PROBLEM STATEMENT
For each entry that follows, write out an identical copy.

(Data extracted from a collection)
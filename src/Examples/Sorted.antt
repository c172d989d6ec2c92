-- ===== src/Examples/Sorted.antt =====
-- Sorted vectors.
use vislcg.Base.{ℕ, ◌≡◌, refl, List, [], ◌∷◌, arith}
use vislcg.SortedVector.{insert, IsSorted}

abbrev values : List ℕ
values = 2 ∷ 5 ∷ 9 ∷ []

values-IsSorted : IsSorted values
values-IsSorted = (omega arith, (omega arith, (omega arith, tt)))

insert_middle : (insert values 7).0 ≡ 2 ∷ 5 ∷ 7 ∷ 9 ∷ []
unfolding insert
insert_middle = refl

WRITTEN ANSWER
filename src/Examples/Sorted.antt
repository c172d989d6ec2c92
-- ===== src/Examples/Sorted.antt =====
-- Sorted vectors.
use vislcg.Base.{ℕ, ◌≡◌, refl, List, [], ◌∷◌, arith}
use vislcg.SortedVector.{insert, IsSorted}

abbrev values : List ℕ
values = 2 ∷ 5 ∷ 9 ∷ []

values-IsSorted : IsSorted values
values-IsSorted = (omega arith, (omega arith, (omega arith, tt)))

insert_middle : (insert values 7).0 ≡ 2 ∷ 5 ∷ 7 ∷ 9 ∷ []
unfolding insert
insert_middle = refl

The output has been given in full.